Figure 2.Literature-based annotation at TAIR (2000–2010). The total number of research articles containing Arabidopsis gene-related information in the TAIR database is represented in blue. In green and orange are the number of articles used for controlled vocabulary annotations by either TAIR or the community, respectively.
Figure 3.Distribution of community annotation counts. The bins group articles by number of associated community annotations.
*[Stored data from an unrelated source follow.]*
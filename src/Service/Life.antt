-- ===== src/Service/Life.antt =====
-- Service: a server and its connection, through every order of their steps.
use network_ydxlib.Base.{
  ℕ, ◌+◌, ◌≤◌, ◌<◌, ◌≡◌, ◌⊎◌, refl, sym, ap, ◌∙◌, subst, inl, inr, Bool, false, Bool-cases, some,
  List, ◌==◌, arith, if◌then◌else◌,
}
use network_ydxlib.Buffer.{Buffer}
use network_ydxlib.Channel.{is_writing}
use network_ydxlib.Poller.{Poller}
use network_ydxlib.Connection.{Connection, shutdown, shutdown_in_loop, effect, shut_write}
use network_ydxlib.Connection.Events.{create}
use network_ydxlib.Connection.Told.{told, At}
use network_ydxlib.Connection.Calls.{establish-At, shut_after, shut_by, shutdown_by, destroyed_by}
use network_ydxlib.Connection.Alike.{send-Alike, Alike-At}
use network_ydxlib.Connection.Dispatch.{handle_event-Goes}
use network_ydxlib.Connection.Story.{created-At}
use network_ydxlib.Server.{Conn, Server, start, remove_connection_in_loop}
use network_ydxlib.Server.Keys.{one, held, made, gone, eq_name_refl}
use network_ydxlib.Server.Names.{IsPrint}
use network_ydxlib.Server.Owner
use network_ydxlib.Server.Owner.{Reach-IsOwned, Reach-removed}
use network_ydxlib.Service.{
  Service, established_run, destroyed_run, removed_by, Step, Reach, here, next, starts, accepts,
  others_close, removes, establishes, destroys, events, sends, shuts, shuts_posted,
}
use network_ydxlib.Service.Parts.{
  new_connection-counts, remove-counts, at_nothing, at_over, established-added, destroyed-new,
  shutdown-kept, shutdown_in_loop-kept,
}
use network_ydxlib.Service.Stages.{
  Stage, awaited, live, removed, ended, IsServed, restage, Stage-asked, Stage-first, Stage-gone,
  become_live, become_same,
}

start-posted : (ls : List ℕ) (s : Server) → (start ls s).posted ≡ s.posted
unfolding start
start-posted ls s = ground arith

-- A shutdown of the write end is told at any time.
shutdown_in_loop-told : (c : Connection) → At c → told (shutdown_in_loop c).effects ≡ told c.effects
unfolding shutdown_in_loop told
shutdown_in_loop-told c a = elim (Bool-cases (is_writing c.chan)) [
  | inl w ↦ ap (λ (b : Bool). told (if b then c else effect shut_write c).effects) w
  | inr w ↦ ap (λ (b : Bool). told (if b then c else effect shut_write c).effects) w ∙ shut_after a
]

shutdown-told :
    (own : Bool) (c : Connection) → At c → told (shutdown own c).effects ≡ told c.effects
unfolding shutdown shutdown_in_loop told
shutdown-told own c a = ground (arith, shut_after a)

module _ (print : ℕ → List ℕ) (hostport name : List ℕ) (limit : ℕ) (on_message : Buffer → Buffer)
    (me : Conn) (p : IsPrint print hostport limit) where
  abbrev Served : Service → Type 0
  Served r = IsServed print hostport name limit on_message me r

  -- The server goes on with other connections.
  other-IsServed :
      (r : Service) (t : Server)
      → Served r
      → Owner.Reach print hostport name limit t
      → gone me.name t.posted ≡ gone me.name r.server.posted
      → made me.name r.server.posted ≤ made me.name t.posted
      → Served (record r { server = t })
  other-IsServed r t k o g m = record {
    owned = o;
    once = omega (arith, m, k.once, (Reach-IsOwned print hostport name limit p t o).once me.name);
    place = k.place;
    stage = restage print hostport name limit on_message me refl refl refl g refl refl k.stage;
  }

  self : one me.name me.name ≡ 1
  self = ap {B = ℕ} (λ b. if b then 1 else 0) (eq_name_refl me.name)

  -- The connection is in the map until its removal.
  held-gone :
      (r : Service)
      → Served r
      → held me.name r.server.connections + gone me.name r.server.posted ≡ 1
  held-gone r k =
      omega (
        arith,
        k.once,
        (Reach-IsOwned print hostport name limit p r.server k.owned).balanced me.name,
      )

  removes-IsServed :
      (r : Service) (t : Server)
      → Served r
      → 0 < r.asked
      → remove_connection_in_loop me r.server ≡ some t
      → Served (removed_by t r)
  unfolding removed_by
  removes-IsServed r t k h e =
      let (u, a, v, g, x, i) = Stage-asked print hostport name limit on_message me k.stage h in
      let (gone_now, made_now) = remove-counts me.name me r.server t e in
      record {
        owned = Owner.closes me r.server t k.owned (omega (arith, held-gone r k, g)) e;
        once = made_now ∙ k.once;
        place = k.place;
        stage =
            restage print hostport name limit on_message me u (omega (arith, a)) v
              (omega (arith, gone_now, self, g)) x i removed;
      }

  establishes-IsServed : (r : Service) → Served r → r.up_run ≡ false → Served (established_run r)
  unfolding established_run
  establishes-IsServed r k h =
      let (a, v, g, t, i) = Stage-first print hostport name limit on_message me k.stage h in
      let (j, u) = established-added r.conn t i in
      record {
        owned = k.owned;
        once = k.once;
        place = establish-At r.conn k.place (at_nothing k.place t);
        stage = restage print hostport name limit on_message me refl a v g u j live;
      }

  destroys-IsServed :
      (r : Service)
      → Served r
      → r.down_run ≡ false
      → 0 < gone me.name r.server.posted
      → Served (destroyed_run r)
  unfolding destroyed_run
  destroys-IsServed r k h h2 =
      let (u, a, g, t) = Stage-gone print hostport name limit on_message me k.stage h2 h in
      let s = at_over k.place t in
      let (j, x) = destroyed-new r.conn t s in
      record {
        owned = k.owned;
        once = k.once;
        place = destroyed_by r.conn refl refl (λ e. absurd (cc (e, s))) k.place;
        stage = restage print hostport name limit on_message me u a refl g x j ended;
      }

  Step-IsServed :
      {q r : Service} → Served q → Step print hostport name limit on_message me q r → Served r
  Step-IsServed {q} k (starts ls) =
      other-IsServed q (start ls q.server) k (Owner.starts ls q.server k.owned)
        (ap (gone me.name) (start-posted ls q.server))
        (omega (arith, ap (made me.name) (start-posted ls q.server)))
  Step-IsServed {q} k (accepts sockfd t less e) =
      let (g, m) = new_connection-counts print me.name sockfd q.server t e in
      other-IsServed q t k (Owner.accepts sockfd q.server t k.owned less e) g m
  Step-IsServed {q} k (others_close c t other there e) =
      let (g, m) = remove-counts me.name c q.server t e in
      let differs : one me.name c.name ≡ 0 = ap {B = ℕ} (λ b. if b then 1 else 0) other in
      other-IsServed q t k (Owner.closes c q.server t k.owned there e) (omega (arith, g, differs))
        (omega (arith, m))
  Step-IsServed {q} k (removes t h e) = removes-IsServed q t k h e
  Step-IsServed {q} k (establishes h) = establishes-IsServed q k h
  Step-IsServed {q} k (destroys u h g) = destroys-IsServed q k h g
  Step-IsServed {q} k (events {d = d} m v w i ok e) =
      become_live print hostport name limit on_message me d q k i
        (handle_event-Goes on_message v w m q.conn d k.place i ok e)
  Step-IsServed {q} k (sends {d = d} xs w i e) =
      let same = send-Alike q.conn d xs w i e in
      become_live print hostport name limit on_message me d q k i
        (Alike-At same k.place, inl (same.index ∙ i))
  Step-IsServed {q} k (shuts own) =
      let (i, c) = shutdown-kept own q.conn in
      become_same print hostport name limit on_message me (shutdown own q.conn) q k
        (shutdown_by own q.conn refl refl refl refl k.place) (shutdown-told own q.conn k.place) i c
  Step-IsServed {q} k shuts_posted =
      let (i, c) = shutdown_in_loop-kept q.conn in
      become_same print hostport name limit on_message me (shutdown_in_loop q.conn) q k
        (shut_by q.conn refl refl refl refl k.place) (shutdown_in_loop-told q.conn k.place) i c

  Reach-IsServed :
      {q r : Service} → Served q → Reach print hostport name limit on_message me q r → Served r
  Reach-IsServed k here = k
  Reach-IsServed k (next r s) = Step-IsServed (Reach-IsServed k r) s

  -- Let a server come from its creation by starts, accepted connections, up to number `limit`, and
  -- closed connections of its map, its names differ and fit their 32 bytes, and let one of its connections be
  -- established once and not destroyed yet by what it posted, and just constructed. From then on let the
  -- server accept, close others, and remove this one when its close callback has asked for it; let the
  -- connection's loop run its tasks in their order, and let it hear of events, send, and be shut down,
  -- all in any order. Then the connection is always in one of the stages of `Stage`: its removal is
  -- asked for at most once, `connectDestroyed` is posted at most once, and runs after the close was told, when the
  -- channel is removed; it is in the map exactly until it is posted; and a removal that
  -- waits finds it in the map.
  pub Reach-Stage :
      {q r : Service} (poller : Poller) (address sockfd : ℕ)
      → Owner.Reach print hostport name limit q.server
      → made me.name q.server.posted ≡ 1
      → gone me.name q.server.posted ≡ 0
      → q.conn ≡ create poller address sockfd
      → q.up_run ≡ false
      → q.asked ≡ 0
      → q.down_run ≡ false
      → Reach print hostport name limit on_message me q r
      → Stage r.up_run r.asked r.down_run
          (gone me.name r.server.posted)
          (told r.conn.effects)
          r.conn.chan.index
        × (held me.name r.server.connections + gone me.name r.server.posted ≡ 1)
        × ((r.asked ≡ 0) ⊎ ((t : Server) × (remove_connection_in_loop me r.server ≡ some t)))
  unfolding create told
  Reach-Stage {q} {r} poller address sockfd o m g c u a v run =
      let first : Served q = record {
        owned = o;
        once = m;
        place = subst At (sym c) (created-At poller address sockfd);
        stage =
            restage print hostport name limit on_message me u a v g (ap (λ x. told x.effects) c)
              (ap (λ x. x.chan.index) c) awaited;
      } in
      let k = Reach-IsServed first run in
      let there = held-gone r k in
      (
        k.stage,
        there,
        elim (Bool-cases (r.asked == 0)) [
          | inl z ↦ inl (ground (arith, z))
          | inr z ↦
              let some_asked : 0 < r.asked = ground (arith, z) in
              let (_, _, _, none_gone, _, _) =
                Stage-asked print hostport name limit on_message me k.stage some_asked in
              let (t, done, _, _) =
                Reach-removed print hostport name limit p r.server me k.owned
                  (omega (arith, there, none_gone)) in
              inr (t, done)
        ],
      )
Figure 4.Analysis of community annotations. (A) Completeness of community annotations. The 50 articles analyzed are shown on X-axis, and the total number of curator and community annotations per paper shown on the Y-axis. The number of community annotations is shown in blue, and the number of added curator annotations in orange. (B) Experimental support for community annotations. Supported community annotations in blue, unsupported community annotations in orange, out of scope annotations in green. (C) Level of specificity of community annotations. Papers shown on X-axis, total number of community annotations per paper shown on Y-axis. Community annotations with same specificity as curator annotations are shown in blue, more specific community annotations in orange, more specific curator annotations in green.
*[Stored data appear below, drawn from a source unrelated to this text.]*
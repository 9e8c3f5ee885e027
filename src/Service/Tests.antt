-- ===== src/Service/Tests.antt =====
-- A server with one connection, at concrete steps.
use network_ydxlib.Base.{
  ℕ, ◌+◌, ◌≡◌, ◌⊎◌, refl, true, false, Option, none, some, List, [], ◌∷◌, arith,
}
use network_ydxlib.Buffer.{failed}
use network_ydxlib.Channel
use network_ydxlib.Channel.{Mask, none_event, added}
use network_ydxlib.Poller.{Poller, perform, update_channel}
use network_ydxlib.Connection.{Connection, wrote, handle_close, connect_established}
use network_ydxlib.Connection.Told.{told}
use network_ydxlib.Connection.Events.{
  create, default_message_callback, handle_event, run_callbacks, run_callback,
}
use network_ydxlib.LoopPool.{LoopPool, get_next_loop, next_of}
use network_ydxlib.Server.{
  Conn, Server, established, new_connection, connect_to, remove_connection_in_loop,
}
use network_ydxlib.Server.Keys.{held, gone}
use network_ydxlib.Server.Names.{IsPrint}
use network_ydxlib.Server.Owner
use network_ydxlib.Service.{
  Service, become, established_run, Reach, here, next, establishes, events,
}
use network_ydxlib.Service.Stages.{Stage}
use network_ydxlib.Service.Life.{Reach-Stage}

-- A digit.
abbrev print : ℕ → List ℕ
print i = (48 + i) ∷ []

abbrev pool : LoopPool
pool = record { epoll_base = 1; started = true; num_threads = 2; next = 0; epolls = 5 ∷ 6 ∷ [] }

abbrev quiet : Server
quiet = record {
  hostport = 104 ∷ [];
  name = 110 ∷ [];
  pool = pool;
  started = 0;
  listens = 0;
  next_conn_id = 1;
  connections = [];
  posted = [];
}

print-IsPrint : IsPrint print (104 ∷ []) 10
print-IsPrint = record { differs = λ i j hi hj e. differ i j e; fits = λ i h. omega arith }
  where
    differ : (i j : ℕ) → print i ≡ print j → i ≡ j
    differ i j e = let h : 48 + i ≡ 48 + j = cc in omega (arith, h)

abbrev first : Conn
first = record { name = 110 ∷ 58 ∷ 104 ∷ 35 ∷ 49 ∷ []; get_loop = 5; sockfd = 8 }

abbrev one_up : Server
one_up = record quiet {
  pool = record pool { next = 1 };
  next_conn_id = 2;
  connections = (first.name, first) ∷ [];
  posted = (5, established first) ∷ [];
}

first-connects : new_connection print 8 quiet ≡ some one_up
unfolding new_connection connect_to get_next_loop next_of
first-connects = refl

abbrev ready : Owner.Reach print (104 ∷ []) (110 ∷ []) 10 one_up
ready = Owner.accepts 8 quiet one_up (Owner.created pool) (omega arith) first-connects

abbrev none_registered : Poller
none_registered = record { channels = []; calls = [] }

abbrev begun : Service
begun = record {
  server = one_up;
  conn = create none_registered 100 8;
  up_run = false;
  asked = 0;
  down_run = false;
}

abbrev opened : Service
opened = established_run begun

abbrev hung_up : Mask
hung_up = record none_event { epollhup = true }

abbrev hung : Option Connection
hung = handle_event default_message_callback (failed 11) (wrote 0) hung_up opened.conn

abbrev of_some : Option Connection → Connection
of_some none = begun.conn
of_some (some c) = c

hung_lem : hung ≡ some (of_some hung)
unfolding handle_event run_callbacks run_callback Channel.handle_event handle_close
    connect_established create perform update_channel established_run
hung_lem = refl

opened-added : opened.conn.chan.index ≡ added
unfolding connect_established create perform update_channel established_run
opened-added = refl

-- Its peer has hung up, and its removal is asked for.
abbrev left : Service
left = become (of_some hung) opened

left-Reach : Reach print (104 ∷ []) (110 ∷ []) 10 default_message_callback first begun left
left-Reach =
    next (next here (establishes refl))
      (events hung_up (failed 11) (wrote 0) opened-added refl hung_lem)

Reach-Stage_example :
    Stage left.up_run left.asked left.down_run
      (gone first.name left.server.posted)
      (told left.conn.effects)
      left.conn.chan.index
    × (held first.name left.server.connections + gone first.name left.server.posted ≡ 1)
    × ((left.asked ≡ 0) ⊎ ((t : Server) × (remove_connection_in_loop first left.server ≡ some t)))
Reach-Stage_example =
    Reach-Stage print (104 ∷ []) (110 ∷ []) 10 default_message_callback first print-IsPrint
      none_registered 100 8 ready refl refl refl refl refl refl left-Reach
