-- ===== src/Stream/Tests.antt =====
-- StreamBuffer at concrete rings.
use network_ydxlib.Base.{ℕ, ◌≡◌, refl, some, List, [], ◌∷◌, arith, true, false, none}
use network_ydxlib.Base.Int.{pos, negsuc}
use network_ydxlib.Base.Words.{int_bytes, int_of_bytes}
use network_ydxlib.Stream.{
  Stream, used, unused, alloc, fresh, copy_in_must, copy_out_must, write_buffer, read_buffer,
  to_end, copy_in, copy_out, advance_in, advance_out, has_read, peek_out_must,
}
use network_ydxlib.Stream.Inv.{IsValid, contents, IsValid-alloc}
use network_ydxlib.Stream.Message.{frame, contents-write_buffer, contents-read_buffer}

abbrev block : List ℕ
block = 0 ∷ 0 ∷ 0 ∷ 0 ∷ 0 ∷ 0 ∷ 0 ∷ 0 ∷ 0 ∷ 0 ∷ []

-- Nine bytes can be held; none are.
abbrev empty : Stream
empty = record { in_off = 6; out_off = 6; size = 9; bytes = block }

-- The message 7, 8 stands in the array from index 6 on and goes round its end.
abbrev round : Stream
round = record {
  in_off = 2;
  out_off = 6;
  size = 9;
  bytes = 7 ∷ 8 ∷ 0 ∷ 0 ∷ 0 ∷ 0 ∷ 2 ∷ 0 ∷ 0 ∷ 0 ∷ [];
}

-- The same message from the array's start on, with one byte behind it.
abbrev straight : Stream
straight = record {
  in_off = 7;
  out_off = 0;
  size = 9;
  bytes = 2 ∷ 0 ∷ 0 ∷ 0 ∷ 7 ∷ 8 ∷ 5 ∷ 0 ∷ 0 ∷ 0 ∷ [];
}

round-IsValid : IsValid round
round-IsValid = omega arith

frame-two : frame (7 ∷ 8 ∷ []) ≡ 2 ∷ 0 ∷ 0 ∷ 0 ∷ 7 ∷ 8 ∷ []
unfolding int_bytes
frame-two = refl

-- The four cases of the source run as expected.
write-empty : write_buffer empty (some (7 ∷ 8 ∷ [])) (pos 2) ≡ (true, round)
unfolding write_buffer copy_in_must used unused to_end copy_in advance_in int_bytes
write-empty = refl

write-full : (write_buffer straight (some (7 ∷ 8 ∷ [])) (pos 2)) ≡ (false, straight)
unfolding write_buffer copy_in_must used unused to_end copy_in advance_in int_bytes
write-full = refl

read-negative :
    (read_buffer
      (record {
        in_off = 6;
        out_off = 0;
        size = 9;
        bytes = 255 ∷ 255 ∷ 255 ∷ 255 ∷ 1 ∷ 2 ∷ 0 ∷ 0 ∷ 0 ∷ 0 ∷ [];
      })
      true).0
    ≡ false
unfolding read_buffer has_read peek_out_must copy_out_must used to_end copy_out advance_out
    int_of_bytes
read-negative = refl

alloc-fails : (alloc fresh 16 none).0 ≡ negsuc 0
unfolding alloc
alloc-fails = refl

alloc-nine : IsValid (alloc fresh 9 (some block)).1 × (contents (alloc fresh 9 (some block)).1 ≡ [])
alloc-nine = IsValid-alloc fresh 9 block refl refl (omega arith) refl

contents-write_buffer_example :
    let (done, t) = write_buffer empty (some (7 ∷ 8 ∷ [])) (pos 2) in
    (done ≡ true) × (contents t ≡ frame (7 ∷ 8 ∷ [])) × IsValid t
unfolding int_bytes
contents-write_buffer_example =
    contents-write_buffer empty (7 ∷ 8 ∷ []) (omega arith) (omega arith) (omega arith)

contents-read_buffer_example :
    (t : Stream) × (read_buffer straight true ≡ (true, 7 ∷ 8 ∷ [], pos 2, t))
    × (contents t ≡ 5 ∷ [])
    × IsValid t
unfolding int_bytes used
contents-read_buffer_example =
    contents-read_buffer straight (7 ∷ 8 ∷ []) (5 ∷ []) (omega arith) (omega arith) refl
      (omega arith)
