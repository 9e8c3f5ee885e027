-- ===== src/Tasks.antt =====
-- class ThreadPool of thread_pool.h and thread_pool.cpp: a bounded queue of tasks for worker threads.
-- `none` is a call that waits on a condition. `accepted`, `taken` and `inline` keep the history.
pub mod Order
pub mod Workers
pub mod Once
pub mod Blocked
mod Tests
use network_ydxlib.Base.{
  ℕ, ◌+◌, Bool, true, false, ◌&&◌, Option, none, some, List, [], ◌∷◌, ◌++◌, ltb, leb, ◌==◌,
  if◌then◌else◌, length,
}

pub record ThreadPool (T : Type 0) : Type 0 where
  pub threads : ℕ
  pub queue : List T
  pub max_queue_size : ℕ
  pub running : Bool
  pub accepted : List T
  pub taken : List T
  pub inline : List T

module _ {T : Type 0} where
  unfoldable pub is_full : ThreadPool T → Bool
  is_full p = ltb 0 p.max_queue_size && leb p.max_queue_size (length p.queue)

  unfoldable pub start : ℕ → ThreadPool T → ThreadPool T
  start num_threads p = record p { running = true; threads = p.threads + num_threads }

  unfoldable pub stop : ThreadPool T → ThreadPool T
  stop p = record p { running = false }

  unfoldable pub run : T → ThreadPool T → Option (ThreadPool T)
  unfolding is_full
  run task p =
      if p.threads == 0
      then some (record p { inline = p.inline ++ (task ∷ []) })
      else if is_full p
      then none
      else some (record p { queue = p.queue ++ (task ∷ []); accepted = p.accepted ++ (task ∷ []) })

  -- The task is empty when the pool has stopped.
  unfoldable pub take_from : List T → ThreadPool T → Option (Option T × ThreadPool T)
  take_from [] p = if p.running then none else some (none, p)
  take_from (t ∷ ts) p = some (some t, record p { queue = ts; taken = p.taken ++ (t ∷ []) })

  unfoldable pub take : ThreadPool T → Option (Option T × ThreadPool T)
  unfolding take_from
  take p = take_from p.queue p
Specificity of community versus curator annotations
| Article | Term submitted by author | Term matched by submission software | Term selected by curator | Annotation count | Greater specificity | Min. number of steps between two terms |
|---|---|---|---|---|---|---|
| A | Mitochondrion | Mitochondrion (GO:0005739) | Mitochondrial respiratory chain complex I (GO:0005747) | 1 | Curator | 6 |
| A | Mitochondrion | Mitochondrion (GO:0005739) | Mitochondrial respiratory chain complex III (GO:0005750) | 1 | Curator | 6 |
| A | Mitochondrion | Mitochondrion (GO:0005739) | Mitochondrial proton-transporting ATP synthase complex (GO:0005753) | 1 | Curator | 5 |
| B | Ammonium transmembrane transporter activity | Ammonium transmembrane transporter activity (GO:0008519) | High affinity secondary active ammonium transmembrane transporter activity (GO:0015398) | 1 | Curator | 1 |
| C | Leaf | Leaf (PO:0025034) | Vascular leaf (PO:0009025) | 1 | Curator | 1 |
| D | Cytokinesis | Cytokinesis (GO:0000910) | Cell plate assembly (GO:0000919) | 1 | Curator | 2 |
| E | Response to ABA | Response to abscisic acid stimulus (GO:0009737) | Negative regulation of abscisic acid-mediated signaling pathway (GO:0009788) | 1 | Curator | 4 |
| F | Cytokinesis | Cytokinesis (GO:0000910) | Cell plate assembly (GO:0000919) | 1 | Curator | 2 |
| G | Leaf | Leaf (PO:0025034) | Vascular leaf (PO:0009025) | 2 | Curator | 1 |
| H | Protein binding | Protein binding (GO:000551) | Protein self-association (GO:0043621) | 1 | Curator | 1 |
| H | Protein binding | Protein binding (GO:000551) | Protein heterodimerization activity (GO:0046982) | 1 | Curator | 2 |
| I | Seed maturation | Seed maturation (GO:0010431) | Negative regulation of seed maturation (GO:2000692) | 3 | Curator | 2 |
| I | Seed maturation | Seed maturation (GO:0010431) | Regulation of seed maturation (GO:2000034) | 1 | Curator | 1 |
| J | Transcription activator activity | Transcription activator activity (GO:0003710) | Positive regulation of transcription, DNA-dependent (GO:0045893) | 1 | Curator | 1 |
| K | Leaf formation | Leaf formation (GO:0010338) | Leaf morphogenesis (GO:0009965) | 1 | Author | 1 |
| L | Brassinosteroid-mediatedsignaling pathway | Brassinosteroid-mediatedsignaling pathway (GO:0009742) | Response to brassinosteroid stimulus (GO:0009741) | 1 | Author | 2 |
Based on GO ontology files as of 23 August 2011.
aNew GO term added.
Figure 5.TAIR annotation detail page showing attribution to community member.